Facebookの「フィッシング的」サービスにMcAfeeが疑問符

「セキュリティよりも利便性が優先されている」典型事例としてMcAfeeがFacebookの問題を提起した。

[ITmedia]

 ソーシャルネットワーキングサービス(SNS)のようなWeb2.0サイトでは、セキュリティよりも利便性が優先されてしまうことがある――。米McAfeeが12月18日のブログで、Facebookを例に挙げてこんな問題を提起した。

 ブログ執筆者は「セキュリティよりも利便性が重視されている典型的な例を観察する」目的でFacebookアカウントを作成し、登録の過程で表示されたページのスクリーンショットをブログに掲載した。

 問題のページでは、Facebookに入会している友達を見つけるためとして、ユーザーが使っているHotmail、Yahoo!、Gmail、MSN、AOLメールのアドレスとパスワードを入力するよう促している。

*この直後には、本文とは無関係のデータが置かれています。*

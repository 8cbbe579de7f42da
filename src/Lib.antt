-- ===== src/Lib.antt =====
-- HiPACE++: a quasi-static particle-in-cell code that solves a plasma wake slice by slice, with a
-- longitudinal pipeline of MPI ranks. Each rank runs every n-th time step; within a step it works
-- through the boxes of the domain from head to tail, receives the particles of a box from the rank
-- upstream (Hipace::Wait), solves its slices, and sends the particles on (Hipace::Notify).
--
-- Files, and the code that they model:
--   Prelude       shared names: lists, ranges, results, integers, Boolean tests.
--   Reals         amrex::Real as an interface without laws.
--   Particles     beam particles, and what the code uses of AMReX's arrays: resize, scatterParticles
--                 and packParticleData, as records of documented behaviour.
--   Sort          src/particles/BoxSort.cpp. Sort.Buckets and Sort.Scan follow the counts and the
--                 offsets, Sort.Order the array, Sort.Leftmost the search for the first box.
--   Grid          src/Hipace.cpp: PostProcessBaseGrids, MakeNewLevelFromScratch, DefineSliceGDB.
--   Pipeline      src/Hipace.cpp: Wait (Receive), Notify (Send), NotifyFinish and the destructor
--                 (Finish), on the members of Hipace that they use (State); Packets, Handover and
--                 Delivery put the two sides together, Memory counts the buffers, and Schedule says
--                 which rank runs which step.
--   Evolve        src/Hipace.cpp: Evolve, as the sequence of its calls.
--   Fields        src/fields/Fields.H and Fields.cpp: the component maps, ShiftSlices,
--                 AddBeamCurrents, AddRhoIons, InitialBfieldGuess, MixAndShiftBfields (Mixing) and
--                 the index arithmetic of SetDirichletBoundaries.
--   MultiBeam     src/particles/MultiBeam.cpp: the ghost particles; Hipace::CheckGhostSlice.
--   TimeStep      src/utils/AdaptiveTimeStep.cpp: Calculate.
--   PredictorCorrector  src/Hipace.cpp: PredictorCorrectorLoopToSolveBxBy.
--   SliceSolver   src/Hipace.cpp: SolveOneSlice, as the sequence of its calls.
--   Diagnostics   src/diagnostics/Diagnostic.cpp: the selection of components and beams;
--                 Hipace::WriteDiagnostics: the steps at which it writes.
--   IoUtil        src/utils/IOUtil.cpp: names and shapes for openPMD; IoUtil.Ids: localIDtoGlobal of
--                 IOUtil.H.
--   Dst           src/fields/fft_poisson_solver/fft/WrapCuDST.cpp: the sine transforms. Kernels
--                 has the writes of the threads of ToComplex, ToSine and Transpose, Execute puts them
--                 together around the FFT, which is a parameter; Complex, Sine and Transpose (with
--                 Loops) compare the kernels with their comments, Transform the whole; Expand and
--                 Expanded are about the transform of an expanded array (use_small_dst = 0), Bounds
--                 about the sizes of the arrays of the small one.
--   OpenPmd       src/diagnostics/OpenPMDWriter.cpp: the particles of a box (Species), a call of
--                 WriteDiagnostics (Levels), the chunks that it stores (Chunks), their places over
--                 the boxes of a time step (Rounds, Boxes), and that the calls succeed (Runs, Series).
--   Parser        src/utils/Parser.H: maps and sets (Strings), safeCastToInt (Casts, Bounds), initParser
--                 and the functions that read values (Values, with its branches as equations in
--                 Branches). Meaning says what constants mean, without cache and recursion tracking;
--                 Sound, Complete, Fuel, Stops and Cached compare the two.
--   Samples, Tests      concrete data, and the theorems at concrete inputs.
--
-- State is passed explicitly: a rank is a record (Pipeline.State.Rank) with the members of class
-- Hipace, a call returns the new record with the messages it sent or did not read, and a failure is
-- an Error of Prelude.Results: an assertion, a division by zero, an index out of range or a receive
-- that nothing answers. Indices and counts are natural numbers; where the code subtracts, the
-- difference is not negative. Parallel loops are run in the order of their indices. Counts stay
-- below the bound of the integer types, and floating-point numbers have no laws.
--
-- Fuel: the loop over the steps of a rank gets one round for each step up to the last, and each
-- round adds at least one to the step; the predictor-corrector loop gets as many rounds as it may
-- make iterations, and each adds one to its counter; initParser gets one level of recursion for each
-- constant of the user, since each level adds one of them to the set of recursive symbols.
--
-- Not modelled: the floating-point kernels (pushers, depositions, Poisson solvers), the
-- attributes and unit conversions of the openPMD output, and the setup of levels with mesh refinement beyond the boxes.
pub mod Diagnostics
pub mod Dst
pub mod Evolve
pub mod Fields
pub mod Grid
pub mod IoUtil
pub mod MultiBeam
pub mod OpenPmd
pub mod Parser
pub mod Particles
pub mod Pipeline
pub mod PredictorCorrector
pub mod Prelude
pub mod Reals
pub mod Samples
pub mod SliceSolver
pub mod Sort
pub mod Tests
pub mod TimeStep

画像 友人を見つけるため、WebメールのアカウントやAIMのスクリーンネームの入力を求めたり、Outlook/Outlook Expressの連絡先情報を収集したりする

 Facebookにログインした状態でこのページにアクセスすると、Webメールに加えてAIM Instant Messengerのスクリーンネームとパスワードの入力も促される。さらに「facebook.exe」というアプリケーションをセキュアでないサイトからダウンロード・実行させ、ユーザーのMicrosoft Outlookの連絡先を収集してFacebookのサーバにアップロードする仕組みになっているという。

 これらページにはセキュアなHTTPS接続が使われているが、Facebookが入力を求めている情報は、典型的なフィッシング詐欺と同じものだとMcAfeeは指摘。

 Facebookに善意以外の意図があると言っているわけではないが、ちょっとした利便性と引き換えに秘密情報を引き渡す習慣をユーザーにつけさせるのは、良いことではないと批判している。